Canada’s oil patch cuts back climate efforts under pandemic
WINNIPEG, Manitoba/TORONTO — Canadian oil sands companies have shelved nearly C$2 billion in green initiatives in a cost-cutting drive to weather the coronavirus pandemic, a reversal in some of their commitments to reduce emissions and clean up their dirty-oil image.
International oil firms left Canada in droves in recent years due to the high costs to turn a profit in the sector.
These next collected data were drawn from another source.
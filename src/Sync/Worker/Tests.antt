-- ===== src/Sync/Worker/Tests.antt =====
-- The worker on concrete jobs: one backend that accepts everything and one that is never available.
use bisakerja_scraper.Prelude.{
  ℕ, ◌+◌, ◌≡◌, refl, none, some, true, false, List, [], ◌∷◌, arith, String, inl, take, keep, map,
  same_text, if◌then◌else◌,
}
use bisakerja_scraper.Prelude.Json.{Json, Fields}
use bisakerja_scraper.Models.{NormalizedJob, CanonicalJobStatus}
use bisakerja_scraper.Sync.Events.{
  Events, SyncEvent, find_key, find_event, prepare_event, attach_chunk_metadata, record_failure,
}
use bisakerja_scraper.Sync.Worker.{
  Outside, Payload, Reply, Settings, SyncRun, finished, is_candidate, candidates_from, prepare_jobs,
  for_events, settle_reply, sync_chunk, chunk_loop, sync_loop, sync_eligible_jobs, retries_smaller,
  next_size,
}
use bisakerja_scraper.Sync.Worker.Chunk.{sync_chunk-counts}
use bisakerja_scraper.Sync.Worker.Requests.{LeavesSmall}
use bisakerja_scraper.Sync.Worker.Capped.{capped, sync_eligible_jobs-capped}
use bisakerja_scraper.Sync.Worker.Candidates.{candidates_from-take}
use bisakerja_scraper.Sync.Worker.Sent.{sync_chunk-not_candidate}

abbrev job : String → NormalizedJob
job name = record {
  id = name;
  raw_job_id = none;
  source_platform = "glints";
  external_id = name;
  title = "Engineer";
  company_name = "Acme";
  source_url = "https://example.test";
  apply_url = none;
  status = CanonicalJobStatus.active;
  normalized_payload = Json.str name;
  last_seen_at = 0;
  posted_at = none;
}

abbrev build : NormalizedJob → Payload
build j =
    if same_text j.id "bad" then Payload.invalid "no title" [] else Payload.valid (Json.str j.id)

abbrev hash : Json → String
hash (Json.str s) = s
hash _ = "hash"

abbrev outside : (ℕ → List Json → Reply) → Outside
outside replies = record {
  build = build;
  stable_payload_hash = hash;
  sync_jobs = replies;
  now = λ n. n;
  latency_ms = λ n. n;
}

abbrev accepting : Outside
accepting = outside (λ n payloads. Reply.accepted 200 Fields.end)

abbrev unavailable : Outside
unavailable = outside (λ n payloads. Reply.server_error (some 503) "unavailable" Fields.end)

abbrev settings : Settings
settings = record {
  max_attempts = 3;
  scrape_run_id = some "r";
  min_batch_size = 1;
  adaptive_batching = true;
}

abbrev jobs : List NormalizedJob
jobs = job "a" ∷ job "bad" ∷ job "c" ∷ job "d" ∷ []

abbrev attempts : SyncRun → List ℕ
attempts (finished result events) = map (λ (event : SyncEvent). event.attempt_count) events
attempts _ = []

-- Against a backend that is down, the events at the head of a chunk are attempted once for each
-- size that the chunk is tried at: here four jobs, two, and one, which is more often than the
-- two attempts that are allowed.
attempts_of_one_run :
    attempts (
      sync_eligible_jobs unavailable
        (record settings { max_attempts = 2 })
        (job "a" ∷ job "b" ∷ job "c" ∷ job "d" ∷ [])
        4
        none
        [])
    ≡ 3 ∷ 3 ∷ 2 ∷ 2 ∷ []
unfolding sync_eligible_jobs candidates_from is_candidate sync_loop chunk_loop sync_chunk
    prepare_jobs prepare_event find_event find_key for_events settle_reply record_failure
    attach_chunk_metadata retries_smaller next_size
attempts_of_one_run = refl

chunk_of_two : (sync_chunk accepting 3 none "r:1" 1 (job "a" ∷ job "bad" ∷ []) []).0.sent ≡ 1
unfolding sync_chunk prepare_jobs prepare_event find_event find_key for_events settle_reply
chunk_of_two = refl

sync_chunk-counts_example :
    (sync_chunk accepting 3 none "r:1" 1 jobs []).0.sent
      + (sync_chunk accepting 3 none "r:1" 1 jobs []).0.failed
    ≡ 4
sync_chunk-counts_example = sync_chunk-counts accepting 3 none "r:1" 1 jobs []

candidates_from-take_example :
    candidates_from accepting 3 2 [] jobs []
    ≡ take 2 (keep (λ j. is_candidate accepting 3 j []) jobs)
candidates_from-take_example = candidates_from-take accepting 3 2 jobs [] (omega arith)

sync_chunk-not_candidate_example :
    is_candidate accepting 5
      (job "a")
      (sync_chunk accepting 3 none "r:1" 1 (job "a" ∷ job "bad" ∷ []) []).1
    ≡ false
sync_chunk-not_candidate_example =
    sync_chunk-not_candidate accepting 3 5 none "r:1" 1 (job "a" ∷ job "bad" ∷ []) [] (job "a")
      (Json.str "a") (inl refl) refl (rw chunk_of_two (omega arith))

sync_eligible_jobs-capped_example :
    (sync_eligible_jobs (capped unavailable accepting.sync_jobs) settings jobs 4 none []
      ≡ sync_eligible_jobs unavailable settings jobs 4 none [])
    × LeavesSmall (sync_eligible_jobs unavailable settings jobs 4 none [])
sync_eligible_jobs-capped_example =
    sync_eligible_jobs-capped unavailable accepting.sync_jobs settings jobs 4 none [] tt
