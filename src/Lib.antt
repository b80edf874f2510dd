-- ===== src/Lib.antt =====
-- hermes_mcp_bridge: a model of the Hermes MCP bridge, the Python package src/hermes_mcp_bridge, and
-- theorems about it.
--
-- The bridge lets an MCP client drive a provider (GitHub, a Hermes API) under governance. The parts
-- that are modelled are those that decide whether an effect may happen, and what is known of it
-- afterwards:
--
-- * Mutation models the governed writes. Mutation/Kinds has the vocabulary of v2/enums.py and
--   v2/errors.py, Mutation/Grammar the grammars of v2/mutation_digest.py, Mutation/Approvals its
--   descriptor, digest and store of single-use approvals (Spec: the token that the store refines,
--   Binding: what is authorised), Mutation/Records the leases and records of
--   v2/mutation_idempotency.py, and Mutation/Idempotency its store: `begin`, `commit`, `fail_clean`,
--   `mark_ambiguous`, `reconcile` and `purge_terminal` are functions of the same names from a store to
--   a store with a result; `Call` and `apply_all` are sequences of them. The store's lock makes each
--   one step, so a sequence of calls is an interleaving of any clients. Its children are Key (the
--   derivation of the key), Invariant, Begin and Exclusion (the invariant and the lock on a target),
--   Frame and Replay (what a settled record is worth), Attempts (what a new attempt has written) and
--   Tests.
-- * Dag models the runtime of v2/dag_*.py. Dag/Contract and Dag/Plan have the vocabulary and the
--   plan of v2/dag_contract.py, Dag/Json the values that results hold, Dag/Transform the closed
--   table of v2/dag_transform.py; Dag/Validate is `validate_plan` of v2/dag_validation.py (Graph:
--   the edges, Checks: the nodes and bindings against the catalog, Sound: what an accepted plan
--   is worth) over Dag/Order, its topological order; Dag/Store is the SQLite store of
--   v2/dag_store.py, its methods each one transaction, with its children Fence (leases),
--   Approvals and Records (what is saved and loaded), over Dag/Body, the checkpoint and its body,
--   with its child Codec, the reading of a body from JSON; Dag/Engine is v2/dag_engine.py, which
--   uses the store: Args resolves arguments and checks approvals, Execute is the body of a node's
--   task cut in two at the provider's call, Batch the tasks of one batch under the semaphore and
--   the locks of resources, Rounds the loop over the batches, Whole `run` from its guards to the
--   report (Alone: how many tasks are under way), Propagate the skipping of blocked nodes and
--   what is ready, Status the plan's status and report, Compensate the undoing of effects, and
--   Resume the start of a resume. The theorems stand in the children of these.
-- * Resilience models resilience/circuit.py in Circuit and resilience/events.py in Events, each with
--   its children. The client of client.py acquires the breaker before a request and records the outcome
--   after it; the event stream and the polling both report to the tracker.
-- * Upstream models the requests of client.py: the allow-list of resilience/http_retry.py, the retry
--   loop and the breaker around it, by Resilience/Circuit. Locks models the lock registry of locks.py.
-- * Policy models the policy of version 2: Policy/Kinds has its enums and the identifiers of
--   v2/schema.py, Policy/Registry the registries of v2/capabilities.py and v2/registry.py and the
--   rules, and Policy/Engine `PolicyEngine` of v2/policy.py. Its decision is an argument of the
--   resolver.
-- * Resolver models v2/resolver.py, which chooses the execution mode of a request, with
--   v2/resolver_contract.py in Resolver/Contract: Graph has the two searches of the graph of an intent,
--   Tree the blocks of `resolve`, each a function, and Preference the conditions of each mode and their
--   order.
-- * Base has what these share: Boolean tests, lists, texts, Python's `dict` as an association list in
--   the order of insertion (Base/Dict), results of code that may raise (Base/Outcome), integers.
--
-- Times are natural numbers of a small unit, microseconds or nanoseconds. Exceptions are values of the
-- error types; a state outlives an exception, as an object does in Python.
--
-- Bounds and fuel: `propagate` runs on one pass more than the plan has nodes, and each pass that
-- changes anything leaves fewer pending nodes. The topological order takes as many rounds as there are
-- nodes, one node a round. A batch takes three steps for each task at most. The loop of `run` takes one
-- round more than the plan has nodes, and returns nothing where that does not suffice; each round
-- settles a node at least. The searches of the resolver go a level deeper than an intent has
-- operations, and each level enters another one. Everything else is structural recursion.
--
-- Parameters: the hash (SHA-256 of canonical JSON; keys are sorted in the model), `strip`, `lower` and `upper` of Python's `str`,
-- the answers of the HTTP library, and what the engine is built with (catalog, governance, executor,
-- reconciler, compensator), and which task the event loop lets go on.
--
-- Not modelled: the MCP server and its tools (server.py), the polling and streaming of client_base.py,
-- the metrics and logs (observability/), configuration and secret files, migrations and backups, the
-- GitHub providers, the batch and runbook runtimes, the policy of version 1, and the deployment
-- scripts; of the DAG runtime, the checks of the constructors of v2/dag_contract.py and the engine's
-- dry run.
pub mod Base
pub mod Dag
pub mod Locks
pub mod Mutation
pub mod Policy
pub mod Resilience
pub mod Resolver
pub mod Upstream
Some investors and banks, meanwhile, halted financing in part to pressure the world’s fourth-largest crude producer to reduce the environmental impact of oil-sands production.
This year, top producers Suncor Energy, Canadian Natural Resources and Cenovus Energy have cut a combined C$1.8 billion in planned spending on green initiatives as losses mount due to economic lockdowns that have hammered oil demand.
“This has strengthened our view on the matter, that our decision that we took (to block oil sands) was correct,” said Jeanett Bergan, KLP’s head of responsible investments.
KLP, Norway’s largest pension fund, exited oil sands investments last year, while the country’s $1 trillion wealth fund in May blacklisted Suncor and other large producers for producing excessive greenhouse gas emissions.
The Canadian industry has the highest upstream emissions intensity among major world oil and gas producers, at 39 kilograms per barrel of oil equivalent, more than triple that of the United States, consultancy Rystad Energy said in May.